Astral_finalSpTree.tre
The ASTRAL tree from phased data
A coalescence tree estimated from the gene trees in finalTreesPhased using ASTRAL
RAxML_finalConcatTree.tre
The RAxML tree from phased data
A tree estimated from the finalConcatAlign.fa file using RAxML.
DataVis_KsPlot_DistMat
A folder that contains the script, input files, and output files for everything calculated and visualized in R
D_ang_R_Dryad.R
R scripts that
- makes the map figure from GBIF data
- makes the figure of the % heterozygous loci vs. % Allele divergence
- makes the Ks plots
- calculates the pairwise distance matrix
anglica_rot_lin_inttiled.pdf
the output of the map figure script
4_Summary_table_combined.csv
the HybPhaser output reformated slightly for making the figure of heterozygous loci and allele divergence
ks_files
This folder contains the ks (ks_yn) files calculated for each sample in the Ks plots
It also contains a text document which is a match up between file name and species name
This is all for use with the D_ang_R_Dryad Ks plot visualization section.
KsPlot_Grid.pdf and KsPlot_Grid2.5.pdf
The output of the Ks Plot script with 2 different axes
1000_noamb
The cleaned fasta alignments of all genes used for calculating the pairwise distance between samples.

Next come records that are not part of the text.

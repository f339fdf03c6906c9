-- ===== src/Programs/Consumer.antt =====
-- example/dubbo/go-client/cmd/client.go: `testSayHello` and `testSayHelloStream`. What the stub does is
-- dubbo-go's.
use triple.Base.{◌>>=◌, none, pure, ◌>>◌, panic, some, String, Option, M}
use triple.Programs.{infof_user, infof, write, User, Process, HelloRequest}
use triple.Common.Context.{background, Context}
use triple.Common.Error.{text, nil_value, Value, Err}
use triple.Programs.Provider.{Pair}
use triple.Common.Constant.{triple_request_id}
use triple.Base.Dict.{insert}

-- proto.GreeterClientImpl, whose functions dubbo-go fills in, and the client's end of a stream.
pub record StreamClient (W : Type 0) : Type 0 where
  pub send : HelloRequest → M (Process W) (Option Err)
  pub recv : M (Process W) (Pair User)

pub record GreeterClientImpl (W : Type 0) : Type 0 where
  pub say_hello_stream : Context → M (Process W) (Option (StreamClient W) × Option Err)
  pub say_hello : Context → HelloRequest → M (Process W) (Pair User)

-- `context.WithValue`
abbrev pub with_value : Context → String → Value → Context
with_value ctx key v = record ctx { values = insert key v ctx.values }

abbrev pub test_context : Context
test_context = with_value background triple_request_id (text "triple-request-id-demo")

abbrev pub test_request : HelloRequest
test_request = record { name = "laurence" }

module _ {W : Type 0} (greeter_provider : GreeterClientImpl W) where
  -- `if err != nil { panic(err) }`
  panic_if : Option Err → M (Process W) (Unit {0})
  panic_if (some err) = panic
  panic_if none = pure tt

  -- A method that is called on a nil interface panics.
  on_client :
      {A : Type 0} → Option (StreamClient W) → (StreamClient W → M (Process W) A) → M (Process W) A
  on_client none f = panic
  on_client (some c) f = f c

  unfoldable pub test_say_hello : M (Process W) (Unit {0})
  unfolding panic_if
  test_say_hello = do
    write (infof "testSayHello" nil_value)
    (user, err) ← greeter_provider.say_hello test_context test_request
    panic_if err
    write (infof_user "get response user = %+v\n" user)

  -- `*user`, which panics on nil, is what is logged.
  log_user : Option User → M (Process W) (Unit {0})
  log_user none = panic
  log_user (some u) = write (infof_user "Receive user = %+v\n" (some u))

  unfoldable pub test_say_hello_stream : M (Process W) (Unit {0})
  unfolding panic_if on_client log_user
  test_say_hello_stream = do
    write (infof "testSayHelloStream" nil_value)
    (client, err) ← greeter_provider.say_hello_stream test_context
    panic_if err
    err ← on_client client (λ c. c.send test_request)
    panic_if err
    (user, err) ← on_client client (λ c. c.recv)
    panic_if err
    log_user user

This is the input for calculating the distance matrix
1000_noamb_matrix
An output of the Rscript -- The pairwise distance matrices for each gene in 1000_noamb
1000_noamb_dist_mat.csv
All the gene pairwise matrices flattened into one table
Each column is a gene
Each row is the distance between two samples
1000_noamb_mean_dist_mat.csv
the mean pairwise distance across all genes
1000_noamb_median_dist_mat.csv
the median pairwise distance across all genes
rbcL_and_ITS
This folder contains the alignments for rbcL and ITS.
Full_rbcL_alignment.txt
The alignment of all rbcL samples longer than 300 bps
Final_rbcL_alignment.txt
The alignment of the final rbcL samples presented after filtering
Full_rRNA_variants.txt
The alignment of the ITS and rRNA for all samples.
rRNA_alignment.vcf
The variants called against MT784099.1 ITS from Drosera rotundifolia
FrozenScripts
Folder containing the two frozen copies of the phylogenomic_dataset_construction scripts
from https://bitbucket.org/yanglab/phylogenomic_dataset_construction/src/master/ used
in this analysis. v1 was used for the cleaning of RM207A, RM208A, RM209A, RM210A, RM214,
RM217, RM218, RM240, RM241, RM242, and for transcriptome assembly for all transcriptomes.
v2 was used for cleaning the remaining samples and for post-assembly processing.
Changes after Mar 10, 2025:
Nov 2025: Added the folder rbcL_and_ITS and frozen copies of scripts used in analyses.